B. Yes I know the difference between a physical core and a logical one

C. Yes turning HT off made the render run slower, this is expected!

D. No I am not overprivisoning when I assign all the logical (yes logical) cores to one VM, if you read the white papers from VMWare you will know that the scheduler generates a topology map of the physical hardware and uses that map when allocating resources, assigning ALL the logical cores to one VM generates 16 logical processors in Windows, the same as if I installed the VM on physical hardware. And whoa and behold, after 5 tests this arrangement has produced the fastest (and most efficient) render times.

F. The application in question is 3ds max 2014 using backburner and the Mental Ray renderer.


TL|DR: I (sometimes) want to run one VM on vSphere with as much CPU efficiency as possible, how?

I'm hoping to use VMWare's ESXI / vSphere hypervisor in a bit of a non-standard way.

Normally people use a hypervisor to run multiple VM's simultaneously on one system. I want to use the hypervisior to let me quickly switch between applications, but only ever really run one VM / App at a time.

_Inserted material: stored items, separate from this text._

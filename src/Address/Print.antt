-- ===== src/Address/Print.antt =====
-- src/setka/address.cpp, `ip::to_string`: what a `std::stringstream` makes of numbers and characters.
pub mod Read
use setka.Prelude.{
  ℕ, zero, suc, ◌+◌, ◌-◌, ◌*◌, ◌/◌, ◌%◌, ◌^◌, Bool, true, false, List, [], ◌∷◌, ◌++◌, ltb, ◌==◌,
  if◌then◌else◌,
}
use setka.Utki.{Bytes}
use setka.Address.{Ip, is_v4, get_v4}

abbrev pub digit : ℕ → ℕ
digit d = if ltb d 10 then d + b'0' else d - 10 + b'a'

-- `ss << n` of an unsigned number, in a base, with so many digits at most
pub put : ℕ → ℕ → ℕ → Bytes
put base zero n = []
put base (suc k) n =
    let front = put base k (n / base) in
    if ltb n base then digit n ∷ [] else front ++ digit (n % base) ∷ []

-- `this->quad[i]`
abbrev pub quad : Ip → ℕ → ℕ
quad a zero = a.quad0
quad a (suc zero) = a.quad1
quad a (suc (suc zero)) = a.quad2
quad a (suc (suc (suc i))) = a.quad3

-- The loops, from an index that is still to be counted down.
pub put_v4 : ℕ → ℕ → Bytes
unfolding put
put_v4 zero h = []
put_v4 (suc i) h =
    let rest = put_v4 i h in
    put 10 3 (h / 2 ^ (8 * i) % 256) ++ (if i == 0 then [] else b'.' ∷ rest)

pub put_v6 : ℕ → Ip → Bytes
unfolding put
put_v6 zero a = []
put_v6 (suc i) a =
    let rest = put_v6 i a in
    put 16 4 (quad a (i * 2 / 4) / 2 ^ (16 * (i % 2)) % 65536)
    ++ (if i == 0 then [] else b':' ∷ rest)

pub to_string : Ip → Bytes
unfolding put_v4 put_v6
to_string a = if is_v4 a then put_v4 4 (get_v4 a) else put_v6 8 a
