-- ===== src/Tests.antt =====
-- The theorems at concrete inputs.
pub mod Outbox
pub mod Access
pub mod Documents
pub mod Log
pub mod Purge
pub mod Files
pub mod Client
pub mod Hits
pub mod Ingestion
pub mod Chunks
pub mod Repairs
pub mod Models
pub mod Searches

It's actually a pet project, I have a 5 node renderfarm (ea. node 2x Intel Xeon E5540) that for the most part stays off (when I'm not rendering I have no need to run these machines). It seems like a waste of valuable compute time so I was hoping to use them for other things when not rendering (kind of a general purpose 40 core / 80 thread compute cluster).

I was hoping that vSphere could let me spin up render node VM's when rendering and other things when not. Problem is, I really really need a high efficiency when it comes to CPU when the render VM is running.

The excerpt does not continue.